Alaska state Rep. David Guttenberg, D-Fairbanks, said he's hoping that Alaska can benefit from BP's Gulf of Mexico disaster by spurring changes in BP's operations here to make sure a similar disaster doesn't hit Alaska.
Guttenberg told the U.S. House Transportation and Infrastructure Committee's subcommittee with jurisdiction over pipelines that the Alyeska Pipeline Service Co. was cutting corners to save money, and placing the state at risk.
"Now is not the time for Alyeska to skimp on pipeline safety and integrity lest we have a significant spill event comparable to the Exxon Valdez spill or the recent Deep Water Horizon rupture," he said.
Alyeska's recent decision to move operations from Fairbanks to Anchorage, billed as a cost-saving and efficiency measure, will actually reduce oversight of the trans-Alaska oil pipeline and increase emergency response times, Guttenberg said.
Representatives from Alyeska were also at the hearing, and defended the company's operation of the pipeline on which much of the state's economy and most of its government depends.
"Safety and integrity of the pipeline are core values at Alyeska, and a top priority for every employee," said Greg Jones, senior vice president in charge of Alyeska's Technical Support Division.
Jones said Alyeska has been continually improving its safety and environmental performance, with 2009 being its best year on record.
Guttenberg challenged how Alyeska defined pipeline "safety," and said its claims were based on a lack of bodily injuries to Alyeska personnel or contractors performing work on the trans-Alaska oil pipeline.
That may have little or low bearing on the likelihood of TAPS having a significant spill, he said.
"A pipeline operator could have an excellent worker safety record because there is little or no maintenance work being performed on the pipeline while at the same time it is about to fall apart in 20 locations," Guttenberg said.
Guttenberg, a former pipeline worker who said his first job on the pipeline was clearing brush on the right-of-way where the pipeline was to be built, said Alyeska's corporate culture discourages employees from bring safety concerns to management if they might cost money.

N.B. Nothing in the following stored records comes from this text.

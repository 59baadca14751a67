-- ===== src/Paxos/Proposer/Numbers.antt =====
-- The number of a prepare request, `while (slot->n <= slot->highest_N) slot->n += num_servers`.
use chubby.Prelude.{ℕ, zero, suc, ◌+◌, ◌*◌, ◌≤◌, ◌<◌, ◌≡◌, refl, ◌⊎◌, inl, inr, arith, true, false}
use chubby.Prelude.Int.{
  ℤ, pos, pos_part, neg_part, ◌+ℤ◌, ◌-ℤ◌, ◌<ℤ◌, ◌≤ℤ◌, leb_ℤ, <ℤ-cases, +ℤ_parts, -ℤ_parts,
}
use chubby.Paxos.Slot.{PaxosSlot}
use chubby.Paxos.Proposer.Phases.{raise_number, choose_number}

-- `b` is `a` raised by a natural number.
abbrev pub Raised : ℤ → ℕ → ℤ → Type 0
Raised a d b = pos_part b + neg_part a ≡ pos_part a + neg_part b + d

module _ (k : ℕ) (highest_n : ℤ) where
  -- What the loop gives: a number above `highest_n`, reached from `n` in steps of `k`, and with no
  -- step more than it takes.
  pub record Chosen (n chosen : ℤ) : Type 0 where
    pub above : highest_n <ℤ chosen
    pub near : (chosen ≡ n) ⊎ (chosen ≤ℤ highest_n +ℤ pos k)
    pub steps : (rounds : ℕ) × Raised n (rounds * k) chosen

  one_more : (n chosen : ℤ) → n ≤ℤ highest_n → Chosen (n +ℤ pos k) chosen → Chosen n chosen
  one_more n chosen more c = record {
    above = c.above;
    near = elim c.near [
      | inl same ↦ inr (rw same (omega (arith, +ℤ_parts n (pos k), +ℤ_parts highest_n (pos k))))
      | inr near ↦ inr near
    ];
    steps = (suc c.steps.0, omega (arith, c.steps.1, +ℤ_parts n (pos k)));
  }

  raise_number-Chosen :
      (fuel : ℕ) (n : ℤ)
      → 0 < k
      → pos_part highest_n + neg_part n + 1 ≤ pos_part n + neg_part highest_n + fuel
      → Chosen n (raise_number fuel k highest_n n)
  unfolding raise_number
  raise_number-Chosen zero n step enough = record {
    above = omega arith;
    near = inl refl;
    steps = (0, omega arith);
  }
  raise_number-Chosen (suc fuel) n step enough = elim (<ℤ-cases highest_n n) [
    | inl done ↦
        rw (test_done n done) (record { above = done; near = inl refl; steps = (0, omega arith) })
    | inr more ↦ rw (test_more n more) (
        one_more n _ more
          (raise_number-Chosen fuel (n +ℤ pos k) step (omega (arith, +ℤ_parts n (pos k)))))
  ]
    where
      test_done : (n : ℤ) → highest_n <ℤ n → leb_ℤ n highest_n ≡ false
      test_done n h = ground arith

      test_more : (n : ℤ) → n ≤ℤ highest_n → leb_ℤ n highest_n ≡ true
      test_more n h = ground arith

-- The number that a proposer picks, when there is a server: it is above every number that its slot
-- has seen; it differs from the slot's `n` by a multiple of `num_servers`; and it is the slot's `n`
-- itself or at most `num_servers` above the highest number seen. The fuel of the loop is enough.
pub choose_number_lem :
    (num_servers : ℕ) (slot : PaxosSlot)
    → 0 < num_servers
    → Chosen num_servers slot.highest_n slot.n (choose_number num_servers slot)
unfolding choose_number
choose_number_lem num_servers slot some_server =
    raise_number-Chosen num_servers slot.highest_n _ slot.n some_server
      (enough_fuel slot.highest_n slot.n)
  where
    enough_fuel :
        (h n : ℤ)
        → pos_part h + neg_part n + 1 ≤ pos_part n + neg_part h + pos_part (h -ℤ n +ℤ pos 1)
    enough_fuel h n = omega (arith, -ℤ_parts h n, +ℤ_parts (h -ℤ n) (pos 1))
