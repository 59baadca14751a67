-- ===== src/Paxos/Proposer/Lost.antt =====
-- The three loops of `StartOnNewSlot`, in src/paxos/paxos_server.cpp, when requests are lost.
use chubby.Prelude.{
  ℕ, String, ◌≡◌, ◌≢◌, refl, ◌⊎◌, inl, inr, false, Bool-cases, Option-cases, some, none, List, [],
  ◌∷◌, arith,
}
use chubby.Prelude.Int.{ℤ}
use chubby.Prelude.Map.{lookup, insert, string_eq}
use chubby.Storage.{RocksDb, RocksDbWrapper}
use chubby.Paxos.Messages.{Outcome, PrepareRequest, DecideRequest}
use chubby.Paxos.Replica.{PaxosImpl}
use chubby.Paxos.Acceptor.{prepare, learn}
use chubby.Paxos.Network.{Cluster, Delivery, delivered, lost, reply_lost, call, arrive}
use chubby.Paxos.Proposer.Phases.{
  Gathered, Votes, prepare_loop, accept_loop, learn_loop, gather, enough, member, hangs, take_vote,
  sender_id, latest_done,
}

-- No request arrives.
abbrev pub AllLost : List (String × Delivery) → Type 0
AllLost [] = Unit {0}
AllLost ((address, how) ∷ rest) = (how ≡ lost) × AllLost rest

-- The request to the peer arrives, and no other.
abbrev pub ReachesOnly : String → List (String × Delivery) → Type 0
ReachesOnly peer [] = ⊥
ReachesOnly peer ((address, how) ∷ rest) =
    ((address ≡ peer) × (how ≢ lost) × AllLost rest) ⊎ ((how ≡ lost) × ReachesOnly peer rest)

call_lost :
    {Disk A : Type 0} (address : String) (handler : PaxosImpl Disk → Outcome A × PaxosImpl Disk)
    (cluster : Cluster Disk)
    → call lost address handler cluster ≡ (none, cluster)
unfolding call arrive
call_lost address handler cluster = elim (Option-cases (lookup address cluster)) [
  | inl gone ↦ rw gone refl
  | inr (s, here) ↦ rw here refl
]

module _ {Disk : Type 0} (null_text : String) (self : String) (held : List String) where
  -- The loop goes on to its last stub, or leaves at once if the replies so far are enough.
  pub prepare_loop_lost :
      (stubs : ℕ) (seq number : ℤ) (peers : List (String × Delivery)) (g : Gathered)
      (cluster : Cluster Disk)
      → AllLost peers
      → prepare_loop null_text self held stubs seq number peers g cluster ≡ (false, g, cluster)
  unfolding prepare_loop hangs gather
  prepare_loop_lost stubs seq number [] g cluster all = refl
  prepare_loop_lost stubs seq number ((address, delivered) ∷ rest) g cluster all =
      absurd (ground (arith, all.0))
  prepare_loop_lost stubs seq number ((address, reply_lost) ∷ rest) g cluster all =
      absurd (ground (arith, all.0))
  prepare_loop_lost stubs seq number ((address, lost) ∷ rest) g cluster all =
      let more = prepare_loop_lost stubs seq number rest g cluster all.1 in
      let sender = lookup self cluster in
      let request : PrepareRequest = record {
        seq = seq;
        proposal_number = number;
        latest_done = latest_done sender;
        sender_id = sender_id sender;
      } in
      let unsent = call_lost address (prepare null_text request) cluster in
      elim (Bool-cases (enough stubs g)) [
        | inl over ↦ rw (prepare_loop, unsent, gather, over, unsent, gather) refl
        | inr on ↦ rw (prepare_loop, unsent, gather, on, unsent, gather) more
      ]

  pub accept_loop_lost :
      (seq my_view : ℤ) (value : String) (peers : List (String × Delivery)) (t : Votes)
      (cluster : Cluster Disk)
      → AllLost peers
      → accept_loop null_text self held seq my_view value peers t cluster ≡ (false, t, cluster)
  unfolding accept_loop hangs take_vote call arrive
  accept_loop_lost seq my_view value [] t cluster all = refl
  accept_loop_lost seq my_view value ((address, how) ∷ rest) t cluster all =
      let more = accept_loop_lost seq my_view value rest t cluster all.1 in
      elim (Option-cases (lookup address cluster)) [
        | inl gone ↦ rw (all.0, gone) more
        | inr (s, here) ↦ rw (all.0, here) more
      ]

module _ (R : RocksDb) (self : String) (held : List String) where
  -- The learn request for one peer.
  unfoldable pub request_of : ℤ → String → Cluster (RocksDbWrapper R) → DecideRequest
  request_of seq value cluster =
      let sender = lookup self cluster in
      record {
        seq = seq;
        value = value;
        sender_id = sender_id sender;
        latest_done = latest_done sender;
      }

  learn_loop_lost :
      (seq : ℤ) (value : String) (peers : List (String × Delivery))
      (cluster : Cluster (RocksDbWrapper R))
      → AllLost peers
      → learn_loop R self held seq value peers cluster ≡ (false, cluster)
  unfolding learn_loop hangs call arrive
  learn_loop_lost seq value [] cluster all = refl
  learn_loop_lost seq value ((address, how) ∷ rest) cluster all =
      let more = learn_loop_lost seq value rest cluster all.1 in
      elim (Option-cases (lookup address cluster)) [
        | inl gone ↦ rw (all.0, gone) more
        | inr (s, here) ↦ rw (all.0, here) more
      ]

  module _ (seq : ℤ) (value peer : String) (free : member peer held ≡ false) where
    learn_loop-step :
        (how : Delivery) (rest : List (String × Delivery)) (cluster : Cluster (RocksDbWrapper R))
        (s : PaxosImpl (RocksDbWrapper R))
        → how ≢ lost
        → AllLost rest
        → lookup peer cluster ≡ some s
        → learn_loop R self held seq value ((peer, how) ∷ rest) cluster
          ≡ (false, insert peer (learn R (request_of seq value cluster) s).1 cluster)
    unfolding learn_loop hangs call arrive request_of
    learn_loop-step lost rest cluster s arrives all here = absurd (arrives refl)
    learn_loop-step delivered rest cluster s arrives all here =
        let more =
          learn_loop_lost seq value rest
            (insert peer (learn R (request_of seq value cluster) s).1 cluster) all in
        rw (learn_loop, free, here, more) refl
    learn_loop-step reply_lost rest cluster s arrives all here =
        let more =
          learn_loop_lost seq value rest
            (insert peer (learn R (request_of seq value cluster) s).1 cluster) all in
        rw (learn_loop, free, here, more) refl

    pub learn_loop_told :
        (peers : List (String × Delivery)) (cluster : Cluster (RocksDbWrapper R))
        (s : PaxosImpl (RocksDbWrapper R))
        → ReachesOnly peer peers
        → lookup peer cluster ≡ some s
        → learn_loop R self held seq value peers cluster
          ≡ (false, insert peer (learn R (request_of seq value cluster) s).1 cluster)
    unfolding learn_loop hangs call arrive
    learn_loop_told [] cluster s told here = absurd told
    learn_loop_told ((address, how) ∷ rest) cluster s (inl (named, arrives, all)) here =
        rw named (learn_loop-step how rest cluster s arrives all here)
    learn_loop_told ((address, how) ∷ rest) cluster s (inr (gone, told)) here =
        let more = learn_loop_told rest cluster s told here in
        elim (Option-cases (lookup address cluster)) [
          | inl nobody ↦ rw (gone, nobody) more
          | inr (other, there) ↦ rw (gone, there) more
        ]
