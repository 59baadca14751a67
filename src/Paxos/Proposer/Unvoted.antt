-- ===== src/Paxos/Proposer/Unvoted.antt =====
-- What becomes of a value that nobody has voted for. After the accept phase, `StartOnNewSlot` waits
-- for a moment if no majority has voted, and then goes on to the learn phase all the same.
use chubby.Prelude.{ℕ, String, ◌≡◌, inl, inr, true, false, some, List, arith}
use chubby.Prelude.Int.{ℤ, ◌≤ℤ◌, leb_ℤ}
use chubby.Prelude.Map.{lookup, insert, string_eq, int_eq}
use chubby.Storage.{RocksDb, RocksDbWrapper}
use chubby.Paxos.Slot.{PaxosSlot, is_decided}
use chubby.Paxos.Messages.{DecideRequest}
use chubby.Paxos.Replica.{PaxosImpl, get_elem?}
use chubby.Paxos.Replica.Slots.{slot_at}
use chubby.Paxos.Acceptor.{learn, store_slot}
use chubby.Paxos.Acceptor.Learning.{learn_outcomes, slot_after, decided_slot}
use chubby.Paxos.Network.{Cluster, locally}
use chubby.Paxos.Proposer.{Links, Job, Run, finished, propose_at, accept_and_tell, keep_highest}
use chubby.Paxos.Proposer.Phases.{choose_number, member, no_accepts}
use chubby.Paxos.Proposer.Lost.{AllLost, ReachesOnly, accept_loop_lost, request_of, learn_loop_told}

-- The replica at an address can take a learn request for the slot, and has it open.
pub record IsOpen {Disk : Type 0} (peer : String) (seq : ℤ) (cluster : Cluster Disk) : Type 0 where
  pub replica : PaxosImpl Disk
  pub here : lookup peer cluster ≡ some replica
  pub d : ℤ
  pub known : get_elem? replica.done replica.me ≡ some d
  pub kept : replica.lowest_slot ≤ℤ seq
  pub open_lem : is_decided (slot_at replica seq).status ≡ false

-- The replica at an address has decided a slot with a value.
abbrev pub HasOwn : {Disk : Type 0} → String → ℤ → String → Cluster Disk → Type 0
HasOwn {Disk} address seq v cluster =
    (s : PaxosImpl Disk) × (lookup address cluster ≡ some s)
    × (is_decided (slot_at s seq).status ≡ true)
    × ((slot_at s seq).value ≡ v)

module _ (R : RocksDb) (null_text : String) (held : List String) (self : String) where
  -- What a learn request does to an open slot, whatever the form of the value.
  pub opened :
      (request : DecideRequest) (s : PaxosImpl (RocksDbWrapper R)) (d : ℤ)
      → get_elem? s.done s.me ≡ some d
      → s.lowest_slot ≤ℤ request.seq
      → is_decided (slot_at s request.seq).status ≡ false
      → slot_at (learn R request s).1 request.seq ≡ decided_slot R s request.seq request.value
  opened request s d known kept new = elim (learn_outcomes R s request d known) [
    | inl (old, same) ↦ absurd (omega (arith, old, kept))
    | inr (inl (low, done, leaves)) ↦ absurd (ground (arith, done, new))
    | inr (inr (inl (low, open_, (pair, form, leaves)))) ↦ slot_after R s leaves
    | inr (inr (inr (low, open_, form, leaves))) ↦ slot_after R s leaves
  ]

  -- The accept and learn phases when no accept request arrives anywhere, and one learn request does.
  pub unvoted_told :
      (seq my_view : ℤ) (value peer : String) (links : Links) (cluster : Cluster (RocksDbWrapper R))
      (s : PaxosImpl (RocksDbWrapper R))
      → AllLost links.accepts
      → ReachesOnly peer links.learns
      → member peer held ≡ false
      → lookup peer cluster ≡ some s
      → accept_and_tell R null_text held self seq my_view value "" links cluster
        ≡ (finished, insert peer (learn R (request_of R self held seq value cluster) s).1 cluster)
  unfolding accept_and_tell
  unvoted_told seq my_view value peer links cluster s all told free here = rw (
    accept_loop_lost null_text self held seq my_view value links.accepts (no_accepts "") cluster
        all,
    learn_loop_told R self held seq value peer free links.learns cluster s told here,
  )

  -- The peer has then decided the slot.
  Decides : ℤ → String → String → Run (RocksDbWrapper R) → Type 0
  Decides seq value peer (ending, cluster) = (ending ≡ finished) × HasOwn peer seq value cluster

module _ (R : RocksDb) (null_text : String) (held : List String) (self : String)
    (next : Job → List String → Cluster (RocksDbWrapper R) → Run (RocksDbWrapper R)) (stubs : ℕ)
    (seq my_view : ℤ) (v : String) (links : Links) (cluster : Cluster (RocksDbWrapper R))
    (s : PaxosImpl (RocksDbWrapper R)) (here : lookup self cluster ≡ some s)
    (open_ : is_decided (slot_at s seq).status ≡ false) (alive : s.is_dead ≡ false) where
  -- `StartOnNewSlot` for a slot above all that the replica has voted in.
  pub propose_fresh :
      leb_ℤ seq s.highest_accepted_seq ≡ false
      → propose_at R null_text next stubs links self seq v my_view held cluster
        ≡ accept_and_tell R null_text held self seq my_view v "" links cluster
  unfolding propose_at
  propose_fresh new = rw (propose_at, here, open_, alive, new)

  -- The cell after a prepare phase without an answer: the proposer has taken a number.
  numbered : PaxosSlot
  numbered = record (slot_at s seq) { n = choose_number s.num_servers (slot_at s seq) }

  asked : Cluster (RocksDbWrapper R)
  asked = insert self (store_slot seq numbered s) cluster

  unanswered : Cluster (RocksDbWrapper R)
  unanswered = locally self (keep_highest seq (slot_at s seq).highest_n) asked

"I am here today speaking on behalf of the Alyeska employees who have a deep concern for the safety and integrity of the pipeline, but whose concerns have been largely ignored," he said.
Guttenberg is the House Minority Whip in Alaska, the No. 2 position in Juneau Rep. Beth Kerttula's Minority Caucus.
Guttenberg said he last worked on the pipeline in 1996, but heard from current workers who were afraid to speak out.
"It became clear to me that Alyeska's "open-working-environment" was not working at all, allowing poor decisions to go unchecked that could have severe consequences for the state of Alaska," he said.
After the hearing, Guttenberg said from Washington he appreciated the subcommittee's attention to the TAPS issues, attention he said was due to the Gulf oil spill.
"You can shout up there or wherever you are about the issue, but until something happens nobody pays attention," he said.
BP is one of five companies that share ownership of the pipeline, but by itself it owns nearly 47 percent and often provides Alyeska's top executives.
Alaska Congressman Don Young, who serves on the Transportation and Infrastructure Committee but not the subcommittee that oversees pipelines, Thursday issued a statement defending Alyeska.
"This subcommittee is trying to use Alyeska as a scapegoat for what has happened in the Gulf of Mexico and it's wrong," said Rep. Young.
Young said Alyeska's safety measures worked exactly as they should during a recent spill at one of its pump stations, and that neither workers or wildlife were injured.
Calling Alyeska to the nation's capital to testify would only take time away from pipeline safety efforts, he said.
"To call these representatives here today to testify is not only a waste of time and money, but a slap in the face to all of the hard working Alaskans who maintain our pipeline," he said.